Without Standish as a forebear, our story in America is actually more pleasant: from a Puritan seed, America grew and, as it grew, became diverse. Catholic communities—both of new immigrants and old colonists, as at San Agustín and in Maryland—were eventually brought into the fold. After long years of struggle and change, these Catholic communities were finally welcomed as true Americans, equal heirs of the Plymouth legacy. Now, after those four centuries of change, no tension remains between the dual identities of an American Catholic.
But to lay claim to Myles Standish is as much a blow as anything. It suggests, beyond the happy implication that we have been here since the beginning, the rather unhappy one that we have not come so far as we might think. If Myles Standish was, in fact, a Catholic, he was a Catholic resigned to a private faith, a Catholic in a land where his creed was not welcome in the public square. As suggested in The Catholic World a century and a half ago, he would not have been deprived of opportunities to receive the sacraments, coming in somewhat frequent contact with Capuchin priests at trading outposts in Maine.
He would not have been (as far as we can tell) a Catholic manifestly oppressed, though, of course, his friends maintained harsh animosity against his Faith. And yet he was a Catholic in a land that was not.
The Faith of his fathers—the true Faith—was not preserved for his sons, just as his lands had not been preserved for him. Four hundred years later, we are left asking whether the man was even Catholic at all, and unable ever to secure an answer. His lot sounds very much like ours, a stranger in a strange land.
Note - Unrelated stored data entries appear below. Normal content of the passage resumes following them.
-- ===== src/Parse/Scan/Laws.antt =====
-- When the scan of an interface ends, when it never does, and what a block contributes.
use tcluvc.Prelude.{
  ℕ, zero, suc, ◌≤◌, ◌<◌, ◌≡◌, ◌≢◌, refl, true, false, List, [], ◌∷◌, ◌++◌, length, drop, ltb, leb,
  Run, done, fault, stuck, arith, length-drop, length-append,
}
use tcluvc.Prelude.Int.{ℤ, pos}
use tcluvc.Bytes.{byte_at}
use tcluvc.Parse.Scan.{scan}

-- Every block that is reached takes a byte at least.
pub data HasProgress : List ℕ → Type 0 where
  rest_short : {p : List ℕ} → length p < 3 → HasProgress p
  outside : {p : List ℕ} → length p < byte_at p 0 → HasProgress p
  next_block :
      {p : List ℕ}
      → 3 ≤ length p
      → 0 < byte_at p 0
      → HasProgress (drop (byte_at p 0) p)
      → HasProgress p

-- How a run ends.
data Ends {A : Type 0} (r : Run A) : Type 0 where
  a_done : (a : A) → r ≡ done a → Ends r
  a_fault : r ≡ fault → Ends r
  a_stuck : r ≡ stuck → Ends r

Run-cases : {A : Type 0} (r : Run A) → Ends r
Run-cases (done a) = a_done a refl
Run-cases fault = a_fault refl
Run-cases stuck = a_stuck refl

drop-append : {A : Type 0} (xs ys : List A) → drop (length xs) (xs ++ ys) ≡ ys
drop-append [] ys = refl
drop-append (x ∷ xs) ys = drop-append xs ys

module _ {S : Type 0} (parse : S → List ℕ → Run (ℤ × S)) where
  -- Without an empty block the loop ends.
  pub scan-HasProgress :
      ((s : S) (p : List ℕ) → parse s p ≢ stuck)
      → (fuel : ℕ) (s : S) (p : List ℕ) → HasProgress p
      → length p < fuel
      → scan parse fuel s p ≢ stuck
  unfolding scan
  scan-HasProgress ends zero s p h f = absurd (omega arith)
  scan-HasProgress ends (suc fuel) s p (rest_short few) f = ground (arith, few)
  scan-HasProgress ends (suc fuel) s p (outside far) f = elim (Run-cases (parse s p)) [
    | a_done r e ↦ ground (arith, far, e)
    | a_fault e ↦ ground (arith, far, e)
    | a_stuck e ↦ absurd (ends s p e)
  ]
  scan-HasProgress ends (suc fuel) s p (next_block enough some h) f = elim (Run-cases (parse s p)) [
    | a_done r e ↦ ground (
      arith,
      e,
      scan-HasProgress ends fuel r.1 (drop (byte_at p 0) p) h
          (omega (arith, length-drop (byte_at p 0) p)),
    )
    | a_fault e ↦ ground (arith, e)
    | a_stuck e ↦ absurd (ends s p e)
  ]

  -- The scan yields a result, whatever fuel beyond the bytes it has.
  abbrev pub Reads : S → List ℕ → ℤ × S → Type 0
  Reads s p r = (fuel : ℕ) → length p < fuel → scan parse fuel s p ≡ done r

  pub Reads-end : (s : S) → Reads s [] (pos 0, s)
  unfolding scan
  Reads-end s zero f = refl
  Reads-end s (suc fuel) f = refl

  -- A block that is parsed, with all of it there, is one turn of the loop.
  pub Reads-block :
      (s s' : S) (block rest : List ℕ) (r : ℤ × S)
      → parse s (block ++ rest) ≡ done (pos 0, s')
      → byte_at (block ++ rest) 0 ≡ length block
      → 3 ≤ length block
      → Reads s' rest r
      → Reads s (block ++ rest) r
  unfolding scan
  Reads-block s s' block rest r e size some reads zero f = absurd (omega arith)
  Reads-block s s' block rest r e size some reads (suc fuel) f =
      rw (enough, e, inside, size, drop-append block rest)
        (reads fuel (omega (arith, length-append block rest)))
    where
      enough : leb 3 (length (block ++ rest)) ≡ true
      enough = ground (arith, length-append block rest)

      inside : ltb (length (block ++ rest)) (byte_at (block ++ rest) 0) ≡ false
      inside = ground (arith, length-append block rest)

  -- On an empty block that is parsed and changes nothing the loop never ends.
  pub scan_hangs :
      (fuel : ℕ) (s : S) (p : List ℕ)
      → parse s p ≡ done (pos 0, s)
      → byte_at p 0 ≡ 0
      → 3 ≤ length p
      → scan parse fuel s p ≡ stuck
  unfolding scan
  scan_hangs zero s p e size some = ground arith
  scan_hangs (suc fuel) s p e size some =
      rw (enough, e, inside, size) (scan_hangs fuel s p e size some)
    where
      enough : leb 3 (length p) ≡ true
      enough = ground arith

      inside : ltb (length p) (byte_at p 0) ≡ false
      inside = ground arith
Yet, despite his failure to profess the new American creed, Standish—renowned for valor, skill, and goodness among a people to whom he did not quite belong—became a kind of icon after the nation’s independence. In 1858, the consummate American poet Henry Wadsworth Longfellow published the epic poem The Courtship of Miles Standish, in which the militia captain figures as a sort of tragic hero. Part V opens with a stirring scene of our Catholic Pilgrim leading his men to battle:
Just in the gray of the dawn, as the mists uprose from the meadows,
There was a stir and a sound in the slumbering village of Plymouth;
Clanging and clicking of arms, and the order imperative, “Forward!”
Given in tone suppressed, a tramp of feet, and then silence.
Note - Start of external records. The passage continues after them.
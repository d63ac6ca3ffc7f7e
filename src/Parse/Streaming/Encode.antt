-- ===== src/Parse/Streaming/Encode.antt =====
-- The descriptor blocks of a streaming interface as the USB Video Class lays them out: the bytes
-- that a device stores for a header, a format and a frame.
use tcluvc.Prelude.{
  ℕ, ◌+◌, ◌*◌, ◌<◌, ◌^◌, ◌≡◌, Option, none, some, List, [], ◌∷◌, ◌++◌, length, replicate,
}
use tcluvc.Bytes.{short_to_sw, int_to_dw}
use tcluvc.Descriptors.{FrameDesc, FormatDesc}

-- The payload formats, MJPEG with the flags of its format block, which the program drops; each with the subtypes of its format and frame blocks.
pub data Payload : Type 0 where
  uncompressed frame_based : Payload
  mjpeg : ℕ → Payload

abbrev pub format_subtype : Payload → ℕ
format_subtype uncompressed = 0x04
format_subtype (mjpeg flags) = 0x06
format_subtype frame_based = 0x10

abbrev pub frame_subtype : Payload → ℕ
frame_subtype uncompressed = 0x05
frame_subtype (mjpeg flags) = 0x07
frame_subtype frame_based = 0x11

unfoldable pub words : List ℕ → List ℕ
words [] = []
words (x ∷ xs) = int_to_dw x ++ words xs

-- What follows the head of a frame block.
abbrev pub encode_intervals : FrameDesc → Option (List ℕ) → List ℕ
encode_intervals f none =
    int_to_dw f.min_frame_interval
    ++ int_to_dw f.max_frame_interval
    ++ int_to_dw f.frame_interval_step
encode_intervals f (some is) = words is

abbrev pub frame_size : Option (List ℕ) → ℕ
frame_size none = 38
frame_size (some is) = 26 + length is * 4

abbrev pub frame_middle : Payload → FrameDesc → List ℕ
frame_middle frame_based f =
    int_to_dw f.default_frame_interval ++ (f.frame_interval_type ∷ int_to_dw f.bytes_per_line)
frame_middle _ f =
    int_to_dw f.max_video_frame_buffer_size
    ++ int_to_dw f.default_frame_interval
    ++ (f.frame_interval_type ∷ [])

abbrev pub frame_front : Payload → FrameDesc → ℕ → List ℕ
frame_front k f size =
    (size ∷ 36 ∷ frame_subtype k ∷ f.frame_index ∷ f.capabilities ∷ [])
    ++ short_to_sw f.width
    ++ short_to_sw f.height
    ++ int_to_dw f.min_bit_rate
    ++ int_to_dw f.max_bit_rate
    ++ frame_middle k f

abbrev pub encode_with : Payload → FrameDesc → Option (List ℕ) → List ℕ
encode_with k f o = frame_front k f (frame_size o) ++ encode_intervals f o

abbrev pub encode_frame : Payload → FrameDesc → List ℕ
encode_frame k f = encode_with k f f.intervals

pub data AllWords : List ℕ → Type 0 where
  no_words : AllWords []
  word_then : {x : ℕ} {xs : List ℕ} → x < 2 ^ 32 → AllWords xs → AllWords (x ∷ xs)

-- A frame with a list of intervals, or with a range of them.
abbrev pub FitsIntervals : FrameDesc → Option (List ℕ) → Type 0
FitsIntervals f none =
    (f.frame_interval_type ≡ 0)
    × (f.min_frame_interval < 2 ^ 32)
    × (f.max_frame_interval < 2 ^ 32)
    × (f.frame_interval_step < 2 ^ 32)
FitsIntervals f (some is) =
    (f.frame_interval_type ≡ length is)
    × (0 < length is)
    × (f.min_frame_interval ≡ 0)
    × (f.max_frame_interval ≡ 0)
    × (f.frame_interval_step ≡ 0)
    × AllWords is

-- The field that a frame block of the kind does not carry.
abbrev pub unused_field : Payload → FrameDesc → ℕ
unused_field frame_based f = f.max_video_frame_buffer_size
unused_field _ f = f.bytes_per_line

-- A frame that a block of the kind can carry.
pub record IsFrame (k : Payload) (f : FrameDesc) : Type 0 where
  pub subtype : f.subtype ≡ frame_subtype k
  pub width : f.width < 2 ^ 16
  pub height : f.height < 2 ^ 16
  pub min_bit_rate : f.min_bit_rate < 2 ^ 32
  pub max_bit_rate : f.max_bit_rate < 2 ^ 32
  pub buffer_size : f.max_video_frame_buffer_size < 2 ^ 32
  pub default_interval : f.default_frame_interval < 2 ^ 32
  pub bytes_per_line : f.bytes_per_line < 2 ^ 32
  pub unused : unused_field k f ≡ 0
  pub intervals : FitsIntervals f f.intervals

pub data AllFrames (k : Payload) : List FrameDesc → Type 0 where
  no_frames : AllFrames k []
  frame_then :
      {f : FrameDesc} {fs : List FrameDesc} → IsFrame k f → AllFrames k fs → AllFrames k (f ∷ fs)

unfoldable pub encode_frames : Payload → List FrameDesc → List ℕ
encode_frames k [] = []
encode_frames k (f ∷ fs) = encode_frame k f ++ encode_frames k fs

abbrev pub format_tail : Payload → FormatDesc → List ℕ
format_tail (mjpeg flags) g =
    flags ∷ g.default_frame_index ∷ g.aspect_ratio_x ∷ g.aspect_ratio_y ∷ g.interlace_flags
    ∷ g.copy_protect ∷ []
format_tail uncompressed g =
    g.bits_per_pixel ∷ g.default_frame_index ∷ g.aspect_ratio_x ∷ g.aspect_ratio_y
    ∷ g.interlace_flags ∷ g.copy_protect ∷ []
format_tail frame_based g =
    g.bits_per_pixel ∷ g.default_frame_index ∷ g.aspect_ratio_x ∷ g.aspect_ratio_y
    ∷ g.interlace_flags ∷ g.copy_protect ∷ g.variable_size ∷ []

abbrev pub format_size : Payload → ℕ
format_size uncompressed = 27
format_size (mjpeg flags) = 11
format_size frame_based = 28

abbrev pub guid_bytes : Payload → FormatDesc → List ℕ
guid_bytes (mjpeg flags) g = []
guid_bytes _ g = g.guid

-- The number of frames, which the program stores of a frame-based format only.
abbrev pub frame_count : Payload → FormatDesc → ℕ
frame_count frame_based g = g.num_frame_descriptors
frame_count _ g = length g.frame_descs

abbrev pub encode_format : Payload → FormatDesc → List ℕ
encode_format k g =
    (format_size k ∷ 36 ∷ format_subtype k ∷ g.format_index ∷ frame_count k g ∷ [])
    ++ (guid_bytes k g ++ format_tail k g)

-- What the program stores of a format apart from the fields that the block carries.
abbrev pub FitsPayload : Payload → FormatDesc → Type 0
FitsPayload uncompressed g =
    (length g.guid ≡ 16) × (g.num_frame_descriptors ≡ 0) × (g.variable_size ≡ 0)
FitsPayload (mjpeg flags) g =
    (g.guid ≡ 0x4d ∷ 0x4a ∷ 0x50 ∷ 0x47 ∷ replicate 12 0)
    × (g.bits_per_pixel ≡ 0)
    × (g.num_frame_descriptors ≡ 0)
    × (g.variable_size ≡ 0)
FitsPayload frame_based g = length g.guid ≡ 16

-- A format that a block of the kind can carry, with frames that blocks of the kind can.
pub record IsFormat (k : Payload) (g : FormatDesc) : Type 0 where
  pub subtype : g.subtype ≡ format_subtype k
  pub payload : FitsPayload k g
  pub frames : AllFrames k g.frame_descs

-- The blocks that the program skips: the still image frames and the colour matching.
pub data OtherBlock : Type 0 where
  still_image colour_matching : List ℕ → OtherBlock

abbrev pub encode_other : OtherBlock → List ℕ
encode_other (still_image p) = (3 + length p) ∷ 36 ∷ 0x03 ∷ p
encode_other (colour_matching p) = (3 + length p) ∷ 36 ∷ 0x0d ∷ p

unfoldable pub encode_others : List OtherBlock → List ℕ
encode_others [] = []
encode_others (b ∷ bs) = encode_other b ++ encode_others bs

-- A format with its frames and the blocks that are skipped behind it.
unfoldable pub encode_formats : List (Payload × FormatDesc × List OtherBlock) → List ℕ
encode_formats [] = []
encode_formats ((k, g, bs) ∷ gs) =
    encode_format k g ++ (encode_frames k g.frame_descs ++ (encode_others bs ++ encode_formats gs))

pub data AllFormats : List (Payload × FormatDesc × List OtherBlock) → Type 0 where
  no_formats : AllFormats []
  format_then :
      {k : Payload} {g : FormatDesc} {bs : List OtherBlock}
      {gs : List (Payload × FormatDesc × List OtherBlock)}
      → IsFormat k g
      → AllFormats gs
      → AllFormats ((k, g, bs) ∷ gs)

unfoldable pub formats_of : List (Payload × FormatDesc × List OtherBlock) → List FormatDesc
formats_of [] = []
formats_of ((k, g, bs) ∷ gs) = g ∷ formats_of gs

-- The fields of an input header apart from those that count formats and bytes.
pub record InputHeader : Type 0 where
  pub address : ℕ
  pub info : ℕ
  pub terminal : ℕ
  pub still_capture : ℕ
  pub trigger_support : ℕ
  pub trigger_usage : ℕ
  pub control_size : ℕ
  pub controls : List ℕ

-- An input header counts the formats, the bytes of all blocks with its own, and carries the same
-- number of control bytes for each format.
abbrev pub encode_header : InputHeader → ℕ → ℕ → List ℕ
encode_header h formats total =
    ((13 + length h.controls) ∷ 36 ∷ 1 ∷ formats ∷ [])
    ++ short_to_sw total
    ++ (h.address ∷ h.info ∷ h.terminal ∷ h.still_capture ∷ h.trigger_support ∷ h.trigger_usage
        ∷ h.control_size ∷ h.controls)

unfoldable pub encode_interface :
    InputHeader → List (Payload × FormatDesc × List OtherBlock) → List ℕ
encode_interface h gs =
    let blocks = encode_formats gs in
    encode_header h (length gs) (13 + length h.controls + length blocks) ++ blocks

pub record IsHeader (h : InputHeader) (gs : List (Payload × FormatDesc × List OtherBlock))
    : Type 0 where
  pub for_each_format : length h.controls ≡ length gs * h.control_size
  pub one_byte : 13 + length h.controls < 256
  pub two_bytes : length (encode_interface h gs) < 65536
Figures ten, in the mist, marched slowly out of the village.
Standish the stalwart it was, with eight of his valorous army,
Led by their Indian guide, by Hobomok, friend of the white men,
Northward marching to quell the sudden revolt of the savage.
Giants they seemed in the mist, or the mighty men of King David;
Giants in heart they were, who believed in God and the Bible…
A giant in heart, who believed in God and the Bible—we cannot know for sure. But for his sake, and ours, we can hope that this is in fact what Myles Standish was, though the odds were great against him.